Jim Tolmie

Personal information
- Full name: James Tolmie
- Date of birth: 21 November 1960 (age 65)
- Place of birth: Glasgow, Scotland
- Position: Winger

Youth career
- –1978: Auchengill Star B.C.

Senior career*
- Years: Team / Apps / (Gls)
- 1978–1981: Morton / 90 / (20)
- 1981–1983: Lokeren / 18 / (1)
- 1983–1986: Manchester City / 57 / (19)
- 1986: → Carlisle United (loan) / 8 / (1)
- 1986–1991: Markaryd IF / 151 / (83)
- 1991–1994: Morton / 71 / (7)

International career
- 1979: Scotland U21 / 1 / (0)
- 1980: Scottish Football League XI / 1 / (0)

= Jim Tolmie =

Scottish footballer

James Tolmie (born 21 November 1960) is a Scottish retired footballer who played for clubs including Morton, Lokeren and Manchester City.
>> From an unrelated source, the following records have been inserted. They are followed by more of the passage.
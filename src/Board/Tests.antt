-- ===== src/Board/Tests.antt =====
-- The theorem on PWM for a motor at 20 kHz.
use pico_ocaml.Prelude.{ℕ, ◌/◌, ◌%◌, ◌≤◌, ◌≡◌, some, arith}
use pico_ocaml.Prelude.Value.{val_int, val_unit}
use pico_ocaml.Board.{PwmPins, wrap_for, ocaml_pwm_init}
use pico_ocaml.Board.Pwm.{IsShare, init_calls, ocaml_pwm_init_lem}

abbrev pins : PwmPins
pins = record { slice_of = λ pin. pin / 2 % 8; channel_of = λ pin. pin % 2 }

ocaml_pwm_init_lem_example :
    (level : ℕ) × (ocaml_pwm_init pins (val_int 15) (val_int 20000) (val_int 32768)
      ≡ some (val_unit, init_calls pins 15 20000 32768 level))
    × IsShare (wrap_for 20000) 32768 level
    × (level ≤ wrap_for 20000)
    × (wrap_for 20000 ≤ 65535)
    × ((◌≡◌ {A = ℕ} 32768 65535) → level ≡ wrap_for 20000)
ocaml_pwm_init_lem_example =
    ocaml_pwm_init_lem pins 15 20000 32768 (omega arith) (omega arith) (omega arith) (omega arith)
He started his career at Morton and made his senior debut on 28 October 1978. Then he was sold to Belgian side Lokeren in 1981, playing 18 games without scoring before returning to Britain in 1983.

Tolmie was signed by Billy McNeill for City from Lokeren for £30,000. Jim was the third signing in nine days made by McNeill, who had himself just joined City from Celtic. He left Manchester City and spent many years playing in Sweden with Markaryd IF, before returning to Morton in 1991. He retired in 1994.